Problem details: Word for word, give the listing below again.

Input:
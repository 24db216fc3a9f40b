-- ===== src/Backtest/Indicators.antt =====
-- backtesting/application/backtesting-indicators.service.ts: the averages over a window of candles.
use trading_backend.Base.{
  ltb, leb, if◌then◌else◌, length, take, ℕ, ◌+◌, ◌-◌, Option, none, some, List, [], ◌∷◌, map,
}
use trading_backend.Number.Interface.{Number, number}
use trading_backend.Store.Entities.{MarketCandle}
use trading_backend.Strategy.Trend.{drop}

module _ {W : Type 0} ⦃n : Number W⦄ where
  open n use {add, sub, mul, div, abs, eq, max, to_fixed}

  -- `reduce((sum, x) => sum + x, 0)`
  unfoldable pub sum_from : W → List W → W
  sum_from total [] = total
  sum_from total (x ∷ xs) = sum_from (add total x) xs

  abbrev mean_of : List W → ℕ → W
  mean_of xs period = div (sum_from (number 0) xs) (number period)

  -- the loop of `ema`
  unfoldable pub smooth_ema : W → W → List W → W
  smooth_ema multiplier ema [] = ema
  smooth_ema multiplier ema (x ∷ xs) =
      smooth_ema multiplier (add (mul (sub x ema) multiplier) ema) xs

  -- `ema`
  unfoldable pub ema : ℕ → List (MarketCandle W) → Option W
  unfolding sum_from smooth_ema take
  ema period candles =
      if ltb (length candles) period
      then none
      else (let closes = map (λ c. c.close) candles in
          some (
            to_fixed 8 (
              smooth_ema (div (number 2) (number (period + 1)))
                (mean_of (take period closes) period) (drop period closes))))

  -- the changes from each close to the next
  unfoldable pub changes : List W → List W
  changes [] = []
  changes (x ∷ []) = []
  changes (x ∷ y ∷ ys) = sub y x ∷ changes (y ∷ ys)

  -- `(average * (period - 1) + x) / period`
  abbrev smooth : ℕ → W → W → W
  smooth period average x = div (add (mul average (number (period - 1))) x) (number period)

  -- the second loop of `rsi` and the loop of `atr`
  unfoldable pub smooth_all : ℕ → W → List W → W
  smooth_all period average [] = average
  smooth_all period average (x ∷ xs) = smooth_all period (smooth period average x) xs

  abbrev gain : W → W
  gain change = max change (number 0)

  abbrev loss : W → W
  loss change = max (sub (number 0) change) (number 0)

  -- `rsi`
  unfoldable pub rsi : ℕ → List (MarketCandle W) → Option W
  unfolding sum_from smooth_all changes take
  rsi period candles =
      if leb (length candles) period
      then none
      else (let steps = changes (map (λ c. c.close) candles) in
          let average_of = λ (f : W → W).
            smooth_all period (mean_of (map f (take period steps)) period)
              (map f (drop period steps)) in
          let average_loss = average_of loss in
          if eq average_loss (number 0)
          then some (number 100)
          else (let strength = div (average_of gain) average_loss in
              some (to_fixed 8 (sub (number 100) (div (number 100) (add (number 1) strength))))))

  -- the true ranges, from the second candle on
  unfoldable pub true_ranges : List (MarketCandle W) → List W
  true_ranges [] = []
  true_ranges (c ∷ []) = []
  true_ranges (c ∷ d ∷ ds) =
      max (max (sub d.high d.low) (abs (sub d.high c.close))) (abs (sub d.low c.close))
      ∷ true_ranges (d ∷ ds)

  -- `atr`
  unfoldable pub atr : ℕ → List (MarketCandle W) → Option W
  unfolding sum_from smooth_all true_ranges take
  atr period candles =
      if leb (length candles) period
      then none
      else (let ranges = true_ranges candles in
          some (
            to_fixed 8
              (smooth_all period (mean_of (take period ranges) period) (drop period ranges))))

Result for this task:
repository 24db216fc3a9f40b
-- ===== src/Backtest/Indicators.antt =====
-- backtesting/application/backtesting-indicators.service.ts: the averages over a window of candles.
use trading_backend.Base.{
  ltb, leb, if◌then◌else◌, length, take, ℕ, ◌+◌, ◌-◌, Option, none, some, List, [], ◌∷◌, map,
}
use trading_backend.Number.Interface.{Number, number}
use trading_backend.Store.Entities.{MarketCandle}
use trading_backend.Strategy.Trend.{drop}

module _ {W : Type 0} ⦃n : Number W⦄ where
  open n use {add, sub, mul, div, abs, eq, max, to_fixed}

  -- `reduce((sum, x) => sum + x, 0)`
  unfoldable pub sum_from : W → List W → W
  sum_from total [] = total
  sum_from total (x ∷ xs) = sum_from (add total x) xs

  abbrev mean_of : List W → ℕ → W
  mean_of xs period = div (sum_from (number 0) xs) (number period)

  -- the loop of `ema`
  unfoldable pub smooth_ema : W → W → List W → W
  smooth_ema multiplier ema [] = ema
  smooth_ema multiplier ema (x ∷ xs) =
      smooth_ema multiplier (add (mul (sub x ema) multiplier) ema) xs

  -- `ema`
  unfoldable pub ema : ℕ → List (MarketCandle W) → Option W
  unfolding sum_from smooth_ema take
  ema period candles =
      if ltb (length candles) period
      then none
      else (let closes = map (λ c. c.close) candles in
          some (
            to_fixed 8 (
              smooth_ema (div (number 2) (number (period + 1)))
                (mean_of (take period closes) period) (drop period closes))))

  -- the changes from each close to the next
  unfoldable pub changes : List W → List W
  changes [] = []
  changes (x ∷ []) = []
  changes (x ∷ y ∷ ys) = sub y x ∷ changes (y ∷ ys)

  -- `(average * (period - 1) + x) / period`
  abbrev smooth : ℕ → W → W → W
  smooth period average x = div (add (mul average (number (period - 1))) x) (number period)

  -- the second loop of `rsi` and the loop of `atr`
  unfoldable pub smooth_all : ℕ → W → List W → W
  smooth_all period average [] = average
  smooth_all period average (x ∷ xs) = smooth_all period (smooth period average x) xs

  abbrev gain : W → W
  gain change = max change (number 0)

  abbrev loss : W → W
  loss change = max (sub (number 0) change) (number 0)

  -- `rsi`
  unfoldable pub rsi : ℕ → List (MarketCandle W) → Option W
  unfolding sum_from smooth_all changes take
  rsi period candles =
      if leb (length candles) period
      then none
      else (let steps = changes (map (λ c. c.close) candles) in
          let average_of = λ (f : W → W).
            smooth_all period (mean_of (map f (take period steps)) period)
              (map f (drop period steps)) in
          let average_loss = average_of loss in
          if eq average_loss (number 0)
          then some (number 100)
          else (let strength = div (average_of gain) average_loss in
              some (to_fixed 8 (sub (number 100) (div (number 100) (add (number 1) strength))))))

  -- the true ranges, from the second candle on
  unfoldable pub true_ranges : List (MarketCandle W) → List W
  true_ranges [] = []
  true_ranges (c ∷ []) = []
  true_ranges (c ∷ d ∷ ds) =
      max (max (sub d.high d.low) (abs (sub d.high c.close))) (abs (sub d.low c.close))
      ∷ true_ranges (d ∷ ds)

  -- `atr`
  unfoldable pub atr : ℕ → List (MarketCandle W) → Option W
  unfolding sum_from smooth_all true_ranges take
  atr period candles =
      if leb (length candles) period
      then none
      else (let ranges = true_ranges candles in
          some (
            to_fixed 8
              (smooth_all period (mean_of (take period ranges) period) (drop period ranges))))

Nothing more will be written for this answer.